# Vintage Reel Manuals



## Chad Cohn (Mar 8, 2018)

Anyone know of where I can find a manual for a Sport King Model 10 B casting reel. Found this reel the other day in my father-in-laws old stuff (passed away a few years back). I cleaned it up and thinking about passing to my son but would like to know the ins & outs of it. Pics attached for reference. Any help is so very much appreciated.

Thank You,
Chad


----------



## topnative2 (Feb 22, 2009)

https://www.fishingtalks.com/wards-reels-made-by-18985.html

you may know this already...looks like they were made/sold by Montgomery Ward

an up north reel


----------



## Chad Cohn (Mar 8, 2018)

I did find some info on the company (Bronson) and the distribution. Pretty interesting to say the least. What I was looking for was something to explain more how this reel was intended to be used. No anti-reverse (which I am spoiled with having now), no locking of the spool, etc. Basically none of the modern features we have now. Although after cleaning it up it is a very pretty piece and you can tell it was made to last. I should've done the before & after photos because it looked rough before hand. Thanks for the link.


----------



## Capnredfish (Feb 1, 2012)

That’s a worthy display piece!


----------



## Chad Cohn (Mar 8, 2018)

Capnredfish said:


> That’s a worthy display piece!


If nothing else that's exactly what I'll do with it. My father-in-law used it on the Texas coast but than again he used any reel he had down there.


----------



## lemaymiami (Feb 9, 2007)

If those reels ever came with an owner's manual I'd be surprised if it's around - anywhere... Your only hope is that some collector somewhere might have one he (or she) would be willing to copy for you. As a rule the only surviving info on older reels will be the schematics - if that outfit is still making reels...

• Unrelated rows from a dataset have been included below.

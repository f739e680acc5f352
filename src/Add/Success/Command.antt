-- ===== src/Add/Success/Command.antt =====
-- When an ADD succeeds.
use rit_k8s_rdma_sriov_cni.Base.{ℕ, ◌≡◌, ap, ◌∙◌, String, true, none, List, []}
use rit_k8s_rdma_sriov_cni.Go.{ok, success, of_tried, wrapf, deferring, ◌>>◌, ◌orelse◌}
use rit_k8s_rdma_sriov_cni.Go.Laws.{bind_eq, orelse_eq, deferring_eq}
use rit_k8s_rdma_sriov_cni.Conf.{NetConf, load_conf}
use rit_k8s_rdma_sriov_cni.Host.{Host, Ns, InterfaceRequest, PfInfo}
use rit_k8s_rdma_sriov_cni.Mutex.{acquire_shm_mutex, release_shm_mutex}
use rit_k8s_rdma_sriov_cni.Pod.{pod_of_args, get_pod_requirements}
use rit_k8s_rdma_sriov_cni.Pod.Fatal.{then_ok}
use rit_k8s_rdma_sriov_cni.Add.{
  final_or_empty, after_interfaces, add_pod, set_ifname, add_placed, or_unplaced, add_locked,
  cmd_add,
}
use rit_k8s_rdma_sriov_cni.Add.Interfaces.{CmdArgs, Progress}
use rit_k8s_rdma_sriov_cni.Add.Success.{Adds}
use rit_k8s_rdma_sriov_cni.Add.Success.Enough.{add_interfaces-Adds_iff}

-- What is assumed of the calls that the command defers: they succeed.
pub record TidiesUp {W : Type 0} (h : Host W) : Type 0 where
  pub closing : (ns : Ns) (w : W) → (u : W) × (h.close_ns ns w ≡ (ok tt, u))
  pub resetting : (name value : String) (w : W) → (u : W) × (h.setenv name value w ≡ (ok tt, u))
  pub releasing : (file : String) (w : W) → (u : W) × (release_shm_mutex h.shm file w ≡ (ok tt, u))

module _ {W : Type 0} (h : Host W) (args : CmdArgs) (tidies : TidiesUp h) where
  abbrev pub first : NetConf → Progress
  first n = record { conf = n; deferred = []; final = none }

  add_pod_eq :
      (n : NetConf) (netns : Ns) (placements : List ℕ) (requests : List InterfaceRequest)
      (pfs : List PfInfo) (p : Progress) (w u x : W)
      → Adds h args netns requests pfs placements 0 (first n) w p u
      → h.print_result (final_or_empty p.final) u ≡ (ok tt, x)
      → add_pod h args n netns placements requests pfs w ≡ (ok tt, x)
  unfolding add_pod after_interfaces
  add_pod_eq n netns placements requests pfs p w u x adds prints =
      ap (λ r. after_interfaces h args netns r.0 r.1)
        ((add_interfaces-Adds_iff h args netns requests pfs placements 0 (first n) p w u).1 adds)
      ∙ prints

  add_placed-ok :
      (n : NetConf) (netns : Ns) (placements : List ℕ) (requests : List InterfaceRequest)
      (pfs : List PfInfo) (p : Progress) (w w1 w2 u x : W)
      → load_conf h.unmarshal_net_conf args.stdin_data ≡ success n
      → h.get_ns args.netns w ≡ (ok netns, w1)
      → set_ifname h args n w1 ≡ (ok tt, w2)
      → Adds h args netns requests pfs placements 0 (first n) w2 p u
      → h.print_result (final_or_empty p.final) u ≡ (ok tt, x)
      → (z : W) × (add_placed h args placements requests pfs w ≡ (ok tt, z))
  unfolding add_placed
  add_placed-ok n netns placements requests pfs p w w1 w2 u x loaded opened named adds prints =
      let adding = add_pod h args n netns placements requests pfs in
      let body =
        bind_eq (set_ifname h args n) (λ _. adding) w1 named
        ∙ add_pod_eq n netns placements requests pfs p w2 u x adds prints in
      let (y, reset) = tidies.resetting "CNI_IFNAME" (h.getenv "CNI_IFNAME" w1) x in
      let (z, closed) = tidies.closing netns y in
      (
        z,
        bind_eq
              (of_tried (load_conf h.unmarshal_net_conf args.stdin_data)
                orelse wrapf "failed to load netconf: %v" [])
              _ w
              (ap (λ t. (of_tried {W = W} t orelse wrapf "failed to load netconf: %v" []) w) loaded)
            ∙ bind_eq (h.get_ns args.netns orelse wrapf "failed to open netns %q: %v" []) _ w
                (orelse_eq (h.get_ns args.netns) _ w opened)
            ∙ deferring_eq (h.close_ns netns)
                (deferring (h.setenv "CNI_IFNAME" (h.getenv "CNI_IFNAME" w1))
                  (set_ifname h args n >> adding))
                w1
                (deferring_eq (h.setenv "CNI_IFNAME" (h.getenv "CNI_IFNAME" w1))
                  (set_ifname h args n >> adding) w1 body reset)
                closed,
      )

  -- An ADD succeeds if the mutex is acquired, the pod's requirements and the PFs are known, the pod
  -- fits on the PFs, the configuration can be loaded, the pod's namespace can be opened, and every
  -- interface is added and the result is printed. It is assumed that the deferred calls succeed: those
  -- that close the namespace, set the environment back and release the mutex.
  pub cmd_add-Adds :
      (file : String) (n : NetConf) (netns : Ns) (placements : List ℕ)
      (requests : List InterfaceRequest) (pfs : List PfInfo) (p : Progress)
      (w w1 w2 w3 w4 w5 u x : W)
      → acquire_shm_mutex h.shm w ≡ (ok file, w1)
      → get_pod_requirements h.cluster
          (pod_of_args args.cni_args).name
          (pod_of_args args.cni_args).ns
          w1
        ≡ (ok requests, w2)
      → h.query_node "127.0.0.1" "54005" 1500 w2 ≡ (ok pfs, w3)
      → h.place_pod requests pfs ≡ (placements, true)
      → load_conf h.unmarshal_net_conf args.stdin_data ≡ success n
      → h.get_ns args.netns w3 ≡ (ok netns, w4)
      → set_ifname h args n w4 ≡ (ok tt, w5)
      → Adds h args netns requests pfs placements 0 (first n) w5 p u
      → h.print_result (final_or_empty p.final) u ≡ (ok tt, x)
      → (z : W) × (cmd_add h args w ≡ (ok tt, z))
  unfolding cmd_add add_locked or_unplaced
  cmd_add-Adds file n netns placements requests pfs p w w1 w2 w3 w4 w5 u x acquired required queried
        placed loaded opened named adds prints =
      let (y, added) =
        add_placed-ok n netns placements requests pfs p w3 w4 w5 u x loaded opened named adds
          prints in
      let (z, released) = tidies.releasing file y in
      (
        z,
        then_ok h.cluster (acquire_shm_mutex h.shm) w w1 file _ acquired
            ∙ deferring_eq (release_shm_mutex h.shm file) (add_locked h args) w1
                (bind_eq
                    (get_pod_requirements h.cluster (pod_of_args args.cni_args).name
                      (pod_of_args args.cni_args).ns)
                    _ w1 required
                  ∙ then_ok h.cluster (h.query_node "127.0.0.1" "54005" 1500) w2 w3 pfs _ queried
                  ∙ ap (λ a. or_unplaced h args a requests pfs w3) placed
                  ∙ added)
                released,
      )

Penn for instance has schematics for reels that were made back in the fifties - but no further... The kind of retail outfit that might have something like an old reel - still new in the box with all the paperwork it came with - is the same kind of store with old stock that's been around so long that the shelves way in the back of the store look like they haven't been dusted or cleaned in a lot of years... I love places like that - but they get fewer and fewer as the years go by....


----------



## Chad Cohn (Mar 8, 2018)

It's going to go on the shelf to be looked at. Cool thing is the design was created in the 30's but this particular reel wasn't produced until after WWII. So we're fortunate enough to have a piece (albeit small) of history right here. And most importantly we as a family have one more thing that was my FIL's and we can continue to keep his memory going. Coincidentally my son's favorite spinning reel is an old Penn that was the FIL's too. He's a lefty and since most of the old ones are left handed it was a natural fit for him. He was so excited after I cleaned it up threw some braid on it and said let's go fishing.


----------



## topnative2 (Feb 22, 2009)

google this------old fishing reel manuals-----

all kinds of stuff available


----------



## mro (Jan 24, 2018)

Chad Cohn said:


> and said let's go fishing.


Fishing with dad.
Doesn't get better than this...


----------



## Chad Cohn (Mar 8, 2018)

mro said:


> Fishing with dad.
> Doesn't get better than this...


He’s 15 and is real busy with school, sports and of course his Xbox so when he says let’s go I usually move everything so we can. We took 2 trips over Thanksgiving week and it was great. Actually let him drive while towing the boat too.


----------